Activity: Return only the stretch of the material below that begins with the line containing "parse_ip = λ" and ends with the line containing "requested_name = [];", exactly; both of those lines belong to it.

Dataset entries:
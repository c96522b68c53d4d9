-- ===== src/Enroll/Examples.antt =====
-- Runs of the token store and of the rate limiter on concrete data. The digest and the encoding of the
-- examples leave a text as it is.
use f1337_mcp.Files.Pattern.{split_on}
use f1337_mcp.Enroll.Sans.{check_sans}
use f1337_mcp.Prelude.{
  ℕ, ◌+◌, ◌≤◌, ◌≡◌, refl, Bool, true, false, none, some, List, [], ◌∷◌, map, arith, ltb, ◌==◌,
  if◌then◌else◌, get_or, replicate, any, Text, codes, eq_text, contains_byte,
}
use f1337_mcp.Enroll.Token.{verdict, prune, redeemable, ok, TokenRecord, Entry, exported}
use f1337_mcp.Enroll.Store.{
  generate_token, update, TokenStore, new_token_store, Clock, Disk, MintOptions, mint, redeem,
  inspect, minted, mark_used,
}
use f1337_mcp.Enroll.Store.Entries.{unspent}
use f1337_mcp.Enroll.Store.Ledger.{
  Request, mint_request, redeem_request, revoke_request, list_request, Event, serve, mints,
  redemptions, redemptions_bounded,
}
use f1337_mcp.Enroll.Store.Authority.{authority, Authorizes, serve-Authorizes}
use f1337_mcp.Enroll.Store.Redeem.{redeem-mint, with_use}
use f1337_mcp.Enroll.RateLimit.{
  Attempts, new_rate_limiter, serve_attempts, after, allow, hits_at, sweep, put_hits,
}
use f1337_mcp.Enroll.Recorder.{Registered, Circumstances, fleet_ports}
use f1337_mcp.Enroll.Handler.Adds.{Addition, enroll-Addition}
use f1337_mcp.Enroll.Service
use f1337_mcp.Files.Locks.{less_text}
use f1337_mcp.Enroll.Service.{
  Packages, FleetPorts, name_taken, recorded, assigned, check_requested_name,
  check_host_description, check_requested_addresses, certifiable, candidate_name, decimal, san_set,
  certified_name, enrolled_sandbox,
}
use f1337_mcp.Enroll.Handler.{
  Answer, refused, invalid_argument, World, Moment, Leaf, enroll, enrolled, check_request,
  reserving, sign_csr, leaf_for,
}
use f1337_mcp.Enroll.Handler.Spends.{Cost, enroll-Cost}
use f1337_mcp.Enroll.Handler.Certified.{IsCertified, enroll-IsCertified, reserving-sign_csr}

abbrev plain : Text → Text
plain t = t

abbrev drawn : Text
drawn = codes "abcdef"

abbrev drawn_token : Text
drawn_token = codes "sbx_abcdef"

abbrev sound : Disk
sound = record { lock_fails = false; load_fails = false; save_fails = false }

abbrev full_disk : Disk
full_disk = record { lock_fails = false; load_fails = false; save_fails = true }

abbrev clock_at : ℕ → Clock
clock_at t = record { asked = t; locked = t }

abbrev options : MintOptions
options = record { name = codes "box"; labels = []; addresses = []; ttl = some 100 }

abbrev asks : Request → ℕ → Event
asks r t = record { request = r; clock = clock_at t; disk = sound }

-- A token is minted, redeemed twice, and asked for again on a disk that is full.
abbrev history : List Event
history =
    asks (mint_request options (some drawn)) 10
    ∷ asks (redeem_request drawn_token) 20
    ∷ asks (redeem_request drawn_token) 30
    ∷ record { request = redeem_request drawn_token; clock = clock_at 40; disk = full_disk }
    ∷ asks list_request 50
    ∷ []

redemptions_bounded_example :
    unspent drawn_token (serve plain plain new_token_store history).tokens
      + redemptions plain plain drawn_token new_token_store history
    ≤ unspent drawn_token new_token_store.tokens
      + mints plain plain drawn_token new_token_store history
redemptions_bounded_example = redemptions_bounded plain plain drawn_token new_token_store history

abbrev held_entry : Entry
held_entry = minted plain plain options drawn_token 10

abbrev one_token : TokenStore
one_token = record { on_disk = true; tokens = held_entry ∷ [] }

abbrev spends : List Event
spends = asks (redeem_request drawn_token) 20 ∷ asks (revoke_request drawn_token) 30 ∷ []

serve-Authorizes_example :
    Authorizes drawn_token (authority held_entry) (serve plain plain one_token spends).tokens
unfolding mints
serve-Authorizes_example =
    serve-Authorizes drawn_token (authority held_entry) plain plain one_token spends refl
      ((λ e. refl), tt)

abbrev box_record : TokenRecord
box_record = exported held_entry

redeem-mint_example :
    (redeem plain plain drawn_token
      (clock_at 60)
      sound
      (mint plain plain options (some drawn) (clock_at 10) sound new_token_store).1).0
    ≡ ok (with_use 60 box_record)
unfolding new_token_store mint update generate_token
redeem-mint_example =
    redeem-mint plain plain options drawn (clock_at 10) (clock_at 60) sound sound new_token_store
      drawn_token box_record (refl, refl, refl) (refl, refl, refl) tt refl (omega arith)
      (omega arith)

-- Five attempts from two addresses.
abbrev attempts : Attempts
attempts = (codes "a", 1) ∷ (codes "a", 2) ∷ (codes "a", 3) ∷ (codes "b", 4) ∷ (codes "b", 15) ∷ []

abbrev admitted : Attempts
admitted = (serve_attempts (new_rate_limiter 10 2 3) attempts).1

-- A package net that knows one address.
abbrev packages : Packages
packages = record {
  split_host_port =
      λ a. if eq_text a (codes "127.0.0.1:7443") then some (codes "127.0.0.1") else none;
  parse_ip = λ h. if eq_text h (codes "127.0.0.1") then some (127 ∷ 0 ∷ 0 ∷ 1 ∷ []) else none;
  is_loopback = λ ip. get_or ip 0 0 == 127;
  is_unspecified = λ ip. false;
  valid_utf8 = λ t. true;
  runes = λ t. t;
  is_control = λ r. ltb r 32;
  is_format = λ r. false;
  check_csr = λ t. true;
}

-- A fleet that is the list of its names.
abbrev names_fleet : FleetPorts (List Text)
names_fleet = record {
  exists_name = none;
  record_sandbox = some (λ fleet sb.
      if any (λ n. eq_text n sb.name) fleet
      then (fleet, name_taken)
      else (sb.name ∷ fleet, recorded));
}

abbrev enroll_request : Service.Request
enroll_request = record {
  token = drawn_token;
  requested_name = [];
  listen_addresses = codes "127.0.0.1:7443" ∷ [];
  csr_der = codes "csr";
  agent_version = codes "v1";
  os = codes "linux";
  arch = codes "amd64";
  kernel_version = [];
  hostname = codes "h";
  path_separator = codes "/";
}

abbrev at_once : Moment
at_once = record {
  peer = codes "a";
  now = 20;
  inspect_clock = clock_at 20;
  inspect_disk = sound;
  redeem_clock = clock_at 21;
  redeem_disk = sound;
}

abbrev world : World (List Text)
world = record { limiter = new_rate_limiter 10 2 3; tokens = one_token; fleet = codes "box" ∷ [] }

abbrev box_leaf : Leaf
box_leaf = record {
  csr_der = codes "csr";
  subject = codes "box-2";
  dns_names = codes "box-2" ∷ [];
  ip_addresses = (127 ∷ 0 ∷ 0 ∷ 1 ∷ []) ∷ [];
}

abbrev creates : Leaf → Bool
creates leaf = true

-- The name of the token is taken, so that the second is assigned.
enrolls :
    (enroll packages plain plain names_fleet creates enroll_request at_once world).0
    ≡ enrolled (codes "box-2") box_leaf
unfolding enroll allow new_rate_limiter after hits_at sweep put_hits inspect update redeemable prune
    minted eq_text verdict check_requested_name check_host_description check_requested_addresses
    certifiable check_sans split_on contains_byte redeem mark_used reserving less_text
    candidate_name decimal san_set certified_name enrolled_sandbox check_request leaf_for
enrolls = refl

enroll-Cost_example :
    Cost packages plain plain names_fleet creates enroll_request at_once world
      (enroll packages plain plain names_fleet creates enroll_request at_once world).0
      (enroll packages plain plain names_fleet creates enroll_request at_once world).1
enroll-Cost_example =
    enroll-Cost packages plain plain names_fleet creates enroll_request at_once world

enroll-IsCertified_example :
    (rec : TokenRecord) × ((inspect plain plain drawn_token (clock_at 20) sound one_token).0
      ≡ ok rec)
    × IsCertified packages plain plain names_fleet creates enroll_request at_once rec
        (codes "box-2")
        box_leaf
enroll-IsCertified_example =
    enroll-IsCertified packages plain plain names_fleet creates enroll_request at_once world
      (codes "box-2") box_leaf enrolls

checks :
    check_request packages plain plain names_fleet creates box_record enroll_request
    ≡ some (codes "127.0.0.1" ∷ [])
unfolding check_request Service.check_requested_name Service.check_host_description eq_text minted
    Service.check_requested_addresses
checks = refl

reserves :
    (reserving packages plain plain names_fleet creates box_record enroll_request
      (codes "127.0.0.1" ∷ [])
      at_once
      one_token
      (codes "box" ∷ [])).0
    ≡ assigned (codes "box-2")
unfolding reserving Service.certifiable check_sans Service.san_set minted eq_text
    Service.certified_name Service.candidate_name contains_byte split_on redeem update redeemable
    prune verdict Service.enrolled_sandbox
reserves = refl

reserving-sign_csr_example :
    sign_csr packages plain plain names_fleet creates (
      leaf_for packages plain plain names_fleet creates box_record enroll_request
        (codes "127.0.0.1" ∷ [])
        (codes "box-2"))
    ≡ true
reserving-sign_csr_example =
    reserving-sign_csr packages plain plain names_fleet creates enroll_request at_once box_record
      (codes "127.0.0.1" ∷ []) one_token (codes "box" ∷ []) (codes "box-2") checks reserves

-- The registry as the fleet, with a healthy disk.
abbrev healthy : Circumstances
healthy = record {
  record_access = λ n. record { lock_fails = false; load_fails = false; save_fails = false };
  exists_access = λ n name. record { lock_fails = false; load_fails = false; save_fails = false };
  record_time = λ n. 30;
  add_time = λ n. 31;
}

abbrev registry_world : World Registered
registry_world = record {
  limiter = new_rate_limiter 10 2 3;
  tokens = one_token;
  fleet = record { file = none; records = 0 };
}

enroll-Addition_example :
    Addition packages plain plain healthy creates enroll_request at_once registry_world
      (enroll packages plain plain
        (fleet_ports healthy)
        creates
        enroll_request
        at_once
        registry_world).0
      (enroll packages plain plain
        (fleet_ports healthy)
        creates
        enroll_request
        at_once
        registry_world).1
enroll-Addition_example =
    enroll-Addition packages plain plain healthy creates enroll_request at_once registry_world

-- A name as long as a label can be, which another host takes between the check and the record.
abbrev long_name : Text
long_name = replicate 63 97

abbrev long_store : TokenStore
long_store = record {
  on_disk = true;
  tokens = minted plain plain (record options { name = long_name }) drawn_token 10 ∷ [];
}

abbrev race : Answer × World (List Text)
race =
    enroll packages plain plain names_fleet creates enroll_request at_once
      (record world { tokens = long_store; fleet = long_name ∷ [] })

-- The token is spent, and the request is then refused as one that cannot be certified.
spent_and_refused :
    (race.0 ≡ refused invalid_argument)
    × (map (λ (e : Entry). e.rec.used) race.1.tokens.tokens ≡ true ∷ [])
unfolding enroll allow new_rate_limiter after hits_at sweep put_hits inspect update redeemable prune
    minted eq_text verdict check_requested_name check_host_description check_requested_addresses
    certifiable check_sans split_on contains_byte redeem mark_used reserving less_text
    candidate_name decimal san_set certified_name enrolled_sandbox check_request leaf_for
spent_and_refused = (refl, refl)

Written response:
  parse_ip = λ h. if eq_text h (codes "127.0.0.1") then some (127 ∷ 0 ∷ 0 ∷ 1 ∷ []) else none;
  is_loopback = λ ip. get_or ip 0 0 == 127;
  is_unspecified = λ ip. false;
  valid_utf8 = λ t. true;
  runes = λ t. t;
  is_control = λ r. ltb r 32;
  is_format = λ r. false;
  check_csr = λ t. true;
}

-- A fleet that is the list of its names.
abbrev names_fleet : FleetPorts (List Text)
names_fleet = record {
  exists_name = none;
  record_sandbox = some (λ fleet sb.
      if any (λ n. eq_text n sb.name) fleet
      then (fleet, name_taken)
      else (sb.name ∷ fleet, recorded));
}

abbrev enroll_request : Service.Request
enroll_request = record {
  token = drawn_token;
  requested_name = [];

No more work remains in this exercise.